### PROBLEM
The lines to copy are those in the listing that hold the word "ground".
Start of PROVIDED DATA
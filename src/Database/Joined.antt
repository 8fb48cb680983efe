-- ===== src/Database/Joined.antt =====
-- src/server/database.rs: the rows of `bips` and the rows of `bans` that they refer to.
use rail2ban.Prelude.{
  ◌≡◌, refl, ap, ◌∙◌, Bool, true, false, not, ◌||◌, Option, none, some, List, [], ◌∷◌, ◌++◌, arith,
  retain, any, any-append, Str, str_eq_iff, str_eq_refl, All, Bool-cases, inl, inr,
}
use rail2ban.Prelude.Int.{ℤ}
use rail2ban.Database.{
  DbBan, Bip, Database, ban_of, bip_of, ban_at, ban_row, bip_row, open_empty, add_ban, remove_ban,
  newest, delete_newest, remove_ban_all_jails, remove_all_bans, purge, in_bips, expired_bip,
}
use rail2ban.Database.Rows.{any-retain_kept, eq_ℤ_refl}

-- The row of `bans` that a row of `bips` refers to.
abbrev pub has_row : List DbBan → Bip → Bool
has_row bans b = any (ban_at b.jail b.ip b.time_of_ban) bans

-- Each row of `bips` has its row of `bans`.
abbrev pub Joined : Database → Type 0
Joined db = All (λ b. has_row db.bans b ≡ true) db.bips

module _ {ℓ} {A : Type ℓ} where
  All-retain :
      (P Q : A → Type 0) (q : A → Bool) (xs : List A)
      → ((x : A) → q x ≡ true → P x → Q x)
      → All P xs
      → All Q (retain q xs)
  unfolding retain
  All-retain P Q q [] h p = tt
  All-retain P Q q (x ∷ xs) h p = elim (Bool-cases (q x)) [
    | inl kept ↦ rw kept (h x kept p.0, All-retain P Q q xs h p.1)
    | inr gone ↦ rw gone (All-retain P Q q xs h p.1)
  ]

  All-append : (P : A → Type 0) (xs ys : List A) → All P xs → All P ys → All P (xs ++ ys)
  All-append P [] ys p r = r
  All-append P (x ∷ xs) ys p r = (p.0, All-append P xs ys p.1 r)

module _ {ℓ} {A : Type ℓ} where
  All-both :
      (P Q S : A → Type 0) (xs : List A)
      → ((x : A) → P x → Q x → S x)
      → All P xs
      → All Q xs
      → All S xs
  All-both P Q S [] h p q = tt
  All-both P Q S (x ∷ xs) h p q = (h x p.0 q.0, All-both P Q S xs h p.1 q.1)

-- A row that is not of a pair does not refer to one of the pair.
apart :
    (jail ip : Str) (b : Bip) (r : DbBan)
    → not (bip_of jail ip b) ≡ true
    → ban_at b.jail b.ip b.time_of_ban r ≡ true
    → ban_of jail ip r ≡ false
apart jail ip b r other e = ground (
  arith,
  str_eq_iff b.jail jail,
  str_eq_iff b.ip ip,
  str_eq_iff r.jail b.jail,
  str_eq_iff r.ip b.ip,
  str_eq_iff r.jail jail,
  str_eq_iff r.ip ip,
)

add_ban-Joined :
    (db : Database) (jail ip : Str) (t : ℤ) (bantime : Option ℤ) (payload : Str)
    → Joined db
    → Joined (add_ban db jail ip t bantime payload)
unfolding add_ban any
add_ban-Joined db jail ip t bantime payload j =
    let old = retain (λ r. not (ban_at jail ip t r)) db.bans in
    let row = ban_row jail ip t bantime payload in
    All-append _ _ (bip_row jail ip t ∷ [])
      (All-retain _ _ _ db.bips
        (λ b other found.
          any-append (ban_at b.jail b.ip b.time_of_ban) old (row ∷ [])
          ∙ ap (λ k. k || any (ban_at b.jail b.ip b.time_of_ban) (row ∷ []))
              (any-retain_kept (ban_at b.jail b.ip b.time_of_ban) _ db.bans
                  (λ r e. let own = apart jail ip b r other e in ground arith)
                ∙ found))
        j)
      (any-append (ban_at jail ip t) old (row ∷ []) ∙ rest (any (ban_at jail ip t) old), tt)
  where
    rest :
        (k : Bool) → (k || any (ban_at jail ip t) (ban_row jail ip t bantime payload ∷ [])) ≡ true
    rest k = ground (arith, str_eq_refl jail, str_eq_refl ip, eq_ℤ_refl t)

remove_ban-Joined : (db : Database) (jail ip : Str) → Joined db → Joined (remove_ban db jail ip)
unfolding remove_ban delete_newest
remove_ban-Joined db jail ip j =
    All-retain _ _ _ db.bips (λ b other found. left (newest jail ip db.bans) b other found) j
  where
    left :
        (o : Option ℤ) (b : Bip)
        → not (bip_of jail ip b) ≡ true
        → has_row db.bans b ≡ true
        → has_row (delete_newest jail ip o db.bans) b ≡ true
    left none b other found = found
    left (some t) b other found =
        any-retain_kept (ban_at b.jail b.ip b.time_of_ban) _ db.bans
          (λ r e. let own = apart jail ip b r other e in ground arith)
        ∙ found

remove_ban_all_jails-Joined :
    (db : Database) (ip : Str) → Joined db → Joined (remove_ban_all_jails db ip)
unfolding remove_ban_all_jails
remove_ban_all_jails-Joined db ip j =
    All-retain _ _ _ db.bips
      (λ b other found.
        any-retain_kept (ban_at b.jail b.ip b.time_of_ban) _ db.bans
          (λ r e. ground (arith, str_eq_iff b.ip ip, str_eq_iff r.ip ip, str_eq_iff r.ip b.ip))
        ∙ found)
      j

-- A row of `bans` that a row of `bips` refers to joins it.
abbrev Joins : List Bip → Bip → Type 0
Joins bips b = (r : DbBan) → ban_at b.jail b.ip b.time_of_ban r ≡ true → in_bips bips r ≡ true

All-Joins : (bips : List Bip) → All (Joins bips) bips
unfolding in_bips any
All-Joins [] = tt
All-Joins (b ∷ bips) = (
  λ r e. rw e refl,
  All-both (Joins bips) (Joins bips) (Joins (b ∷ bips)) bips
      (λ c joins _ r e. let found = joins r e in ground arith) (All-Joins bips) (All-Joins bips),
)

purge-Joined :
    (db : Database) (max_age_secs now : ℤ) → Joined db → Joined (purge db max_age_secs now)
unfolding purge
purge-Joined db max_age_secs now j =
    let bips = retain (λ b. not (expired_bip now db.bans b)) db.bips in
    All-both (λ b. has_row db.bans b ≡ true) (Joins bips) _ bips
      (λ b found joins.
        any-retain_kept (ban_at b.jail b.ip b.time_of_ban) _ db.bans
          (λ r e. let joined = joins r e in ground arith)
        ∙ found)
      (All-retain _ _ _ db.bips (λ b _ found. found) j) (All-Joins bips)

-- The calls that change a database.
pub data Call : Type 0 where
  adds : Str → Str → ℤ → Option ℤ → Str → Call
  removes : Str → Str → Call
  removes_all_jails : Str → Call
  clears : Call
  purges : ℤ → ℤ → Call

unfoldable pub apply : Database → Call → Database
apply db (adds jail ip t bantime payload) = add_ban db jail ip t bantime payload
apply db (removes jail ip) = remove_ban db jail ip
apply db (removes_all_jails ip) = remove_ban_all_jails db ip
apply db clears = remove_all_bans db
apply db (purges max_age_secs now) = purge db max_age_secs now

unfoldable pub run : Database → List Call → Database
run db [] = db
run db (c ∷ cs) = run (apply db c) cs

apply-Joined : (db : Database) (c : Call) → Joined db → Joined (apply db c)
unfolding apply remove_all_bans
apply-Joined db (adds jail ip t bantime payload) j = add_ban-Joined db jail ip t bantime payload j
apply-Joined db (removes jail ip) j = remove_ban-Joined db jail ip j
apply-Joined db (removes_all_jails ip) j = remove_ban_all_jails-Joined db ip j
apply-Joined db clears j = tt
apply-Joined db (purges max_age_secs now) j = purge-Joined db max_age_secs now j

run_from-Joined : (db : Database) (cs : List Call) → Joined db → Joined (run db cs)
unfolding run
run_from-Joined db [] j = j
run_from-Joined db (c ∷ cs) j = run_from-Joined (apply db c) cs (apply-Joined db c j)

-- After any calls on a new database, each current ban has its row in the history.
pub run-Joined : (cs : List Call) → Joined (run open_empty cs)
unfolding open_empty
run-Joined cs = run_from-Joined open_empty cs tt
End of PROVIDED DATA
### SOLUTION TO THIS PROBLEM
apart jail ip b r other e = ground (
                  (λ r e. let own = apart jail ip b r other e in ground arith)
    rest k = ground (arith, str_eq_refl jail, str_eq_refl ip, eq_ℤ_refl t)
          (λ r e. let own = apart jail ip b r other e in ground arith)
          (λ r e. ground (arith, str_eq_iff b.ip ip, str_eq_iff r.ip ip, str_eq_iff r.ip b.ip))
      (λ c joins _ r e. let found = joins r e in ground arith) (All-Joins bips) (All-Joins bips),
          (λ r e. let joined = joins r e in ground arith)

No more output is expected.